[Data provided]:
-- ===== src/MFile/Assembler/Reach.antt =====
-- The states that `new`, `on_chunk` and `poll` reach.
use build_with_opus.Prelude.{
  ℕ, ◌+◌, ◌≡◌, refl, ◌∙◌, ◌⊎◌, inl, inr, true, false, none, some, List, [], ◌∷◌, Option, Result, ok,
  err, Bool-cases, Option-cases, arith,
}
use build_with_opus.Prelude.Table.{lookup}
use build_with_opus.Prelude.OrderedTable as Ordered
use build_with_opus.Prelude.OrderedTable.{IsOrdered, insert-IsOrdered, lookup-insert}
use build_with_opus.Prelude.OrderedTable.Totals.{total-insert, AllValues-insert, AllValues-lookup}
use build_with_opus.Wire.Cuc.{Cuc}
use build_with_opus.MFile.Header.{MFileError, Chunk, parse_chunk}
use build_with_opus.MFile.State.{Services, AssemblyOutcome, TxState, Assembler, new}
use build_with_opus.MFile.BitSet
use build_with_opus.MFile.BitSet.{BitSet}
use build_with_opus.MFile.BitSet.Laws.{IsSized, set_same_size}
use build_with_opus.MFile.Assembler.{
  abandon, open_tx, count_duplicate, holds, store_chunk, add_chunk, finished, receive, on_parsed,
  on_chunk, abandon_all, poll,
}
use build_with_opus.MFile.Assembler.Account.{
  IsBalanced, IsSound, new-IsBalanced, finalize-IsBalanced, abandon-IsBalanced, open_tx-IsBalanced,
}

count_duplicate-IsBalanced :
    (c : Chunk) (tx : TxState) (s : Assembler) → IsBalanced s → IsBalanced (count_duplicate c tx s)
unfolding count_duplicate
count_duplicate-IsBalanced c tx s inv =
    elim (Bool-cases (holds c.payload (lookup c.chunk_index tx.chunks))) [
      | inl e ↦
          rw (e, count_duplicate)
            (record { ordered = inv.ordered; account = inv.account; sound = inv.sound })
      | inr e ↦
          rw (e, count_duplicate)
            (record { ordered = inv.ordered; account = inv.account; sound = inv.sound })
    ]

finished-IsBalanced :
    (r : Assembler × Option (Result MFileError AssemblyOutcome))
    → IsBalanced r.0
    → IsBalanced (finished r).0
finished-IsBalanced (s, none) inv = inv
finished-IsBalanced (s, some (ok outcome)) inv = inv
finished-IsBalanced (s, some (err e)) inv = inv

stored-IsBalanced :
    (c : Chunk) (received : BitSet) (tx : TxState) (s : Assembler)
    → lookup c.transaction_id s.active ≡ some tx
    → IsSized received
    → received.len ≡ tx.total_chunks
    → IsBalanced s
    → IsBalanced (record s {
      active = Ordered.insert c.transaction_id (store_chunk c received tx) s.active;
      total_ram_bytes = s.total_ram_bytes + c.chunk_len;
    })
unfolding store_chunk
stored-IsBalanced c received tx s e sized covers inv =
    let tx' = store_chunk c received tx in
    let before : IsSound s.owlt_secs tx =
      AllValues-lookup (IsSound s.owlt_secs) c.transaction_id tx s.active inv.sound e in
    record {
      ordered = insert-IsOrdered c.transaction_id tx' s.active inv.ordered;
      account = ground (
        arith,
        total-insert (λ t. t.in_flight_bytes) c.transaction_id tx' s.active inv.ordered,
        e,
        inv.account,
      );
      sound =
          AllValues-insert (IsSound s.owlt_secs) c.transaction_id tx' s.active
            (record { deadline = before.deadline; sized = sized; covers = covers }) inv.sound;
    }

add_chunk-IsBalanced :
    (env : Services) (c : Chunk) (received : BitSet) (tx : TxState) (s : Assembler)
    → lookup c.transaction_id s.active ≡ some tx
    → IsSized received
    → received.len ≡ tx.total_chunks
    → IsBalanced s
    → IsBalanced (add_chunk env c received tx s).0
unfolding add_chunk
add_chunk-IsBalanced env c received tx s e sized covers inv =
    let stored = stored-IsBalanced c received tx s e sized covers inv in
    elim (Bool-cases (BitSet.is_full received)) [
      | inl full ↦
          rw (full, add_chunk)
            (finished-IsBalanced _ (finalize-IsBalanced env c.transaction_id _ stored))
      | inr partial ↦ rw (partial, add_chunk) stored
    ]

receive-IsBalanced :
    (env : Services) (c : Chunk) (tx : TxState) (s : Assembler)
    → lookup c.transaction_id s.active ≡ some tx
    → IsBalanced s
    → IsBalanced (receive env c tx s).0
unfolding receive
receive-IsBalanced env c tx s e inv =
    let sound : IsSound s.owlt_secs tx =
      AllValues-lookup (IsSound s.owlt_secs) c.transaction_id tx s.active inv.sound e in
    elim (Option-cases (BitSet.is_set c.chunk_index tx.received)) [
      | inl out ↦ rw (out, receive) inv
      | inr (true, held) ↦ rw (held, receive) (count_duplicate-IsBalanced c tx s inv)
      | inr (false, clear) ↦
          rw (clear, receive)
            (elim (Option-cases (BitSet.set c.chunk_index tx.received)) [
              | inl out ↦ rw (out, receive) inv
              | inr ((received, fresh), put) ↦
                  let same = set_same_size tx.received received c.chunk_index fresh put in
                  rw (put, receive)
                    (add_chunk-IsBalanced env c received tx s e
                      (ground (arith, same.0, same.1, sound.sized)) (same.1 ∙ sound.covers) inv)
            ])
    ]

on_parsed-IsBalanced :
    (env : Services) (c : Chunk) (s : Assembler) → IsBalanced s → IsBalanced (on_parsed env c s).0
unfolding on_parsed
on_parsed-IsBalanced env c s inv =
    let t = open_tx env c s in
    let opened = open_tx-IsBalanced env c s inv in
    elim (Option-cases (lookup c.transaction_id t.active)) [
      | inl e ↦ rw (e, on_parsed) opened
      | inr (tx, e) ↦ rw (e, on_parsed) (receive-IsBalanced env c tx t e opened)
    ]

Result-cases :
    (r : Result MFileError Chunk) → ((e : MFileError) × (r ≡ err e)) ⊎ ((c : Chunk) × (r ≡ ok c))
Result-cases (err e) = inl (e, refl)
Result-cases (ok c) = inr (c, refl)

on_chunk-IsBalanced :
    (env : Services) (raw : List ℕ) (s : Assembler)
    → IsBalanced s
    → IsBalanced (on_chunk env raw s).0
unfolding on_chunk
on_chunk-IsBalanced env raw s inv = elim (Result-cases (parse_chunk env.crc32 raw)) [
  | inl (e, refused) ↦ rw (refused, on_chunk) inv
  | inr (c, accepted) ↦ rw (accepted, on_chunk) (on_parsed-IsBalanced env c s inv)
]

pub abandon_all-IsBalanced :
    (env : Services) (ids : List ℕ) (s : Assembler)
    → IsBalanced s
    → IsBalanced (abandon_all env ids s).0
unfolding abandon_all
abandon_all-IsBalanced env [] s inv = inv
abandon_all-IsBalanced env (id ∷ ids) s inv =
    abandon_all-IsBalanced env ids (abandon env id s).0 (abandon-IsBalanced env id s inv)

pub data Reach (env : Services) : Assembler → Type 0 where
  start : (owlt_secs max_ram_mb : ℕ) → Reach env (new owlt_secs max_ram_mb)
  chunk : (raw : List ℕ) (s : Assembler) → Reach env s → Reach env (on_chunk env raw s).0
  polled : (now : Cuc) (s : Assembler) → Reach env s → Reach env (poll env now s).0

-- In every state that new, on_chunk and poll reach, whatever bytes arrive and whichever files can
-- be written, the memory total is the sum of the bytes that the open transactions count, the
-- transactions are in the order of their distinct identifiers, and each has a bit set of the size
-- of its number of chunks and the deadline of ten light times.
pub Reach-IsBalanced : (env : Services) (s : Assembler) → Reach env s → IsBalanced s
unfolding poll
Reach-IsBalanced env _ (start owlt_secs max_ram_mb) = new-IsBalanced owlt_secs max_ram_mb
Reach-IsBalanced env _ (chunk raw s r) = on_chunk-IsBalanced env raw s (Reach-IsBalanced env s r)
Reach-IsBalanced env _ (polled now s r) = abandon_all-IsBalanced env _ s (Reach-IsBalanced env s r)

[Aim of the exercise]: Will you return exactly the lines above from the one with "IsBalanced (record s" down to the one with "let tx' = store_chunk c received tx in", counting both as part of the range?

[Answer]:
    → IsBalanced (record s {
      active = Ordered.insert c.transaction_id (store_chunk c received tx) s.active;
      total_ram_bytes = s.total_ram_bytes + c.chunk_len;
    })
unfolding store_chunk
stored-IsBalanced c received tx s e sized covers inv =
    let tx' = store_chunk c received tx in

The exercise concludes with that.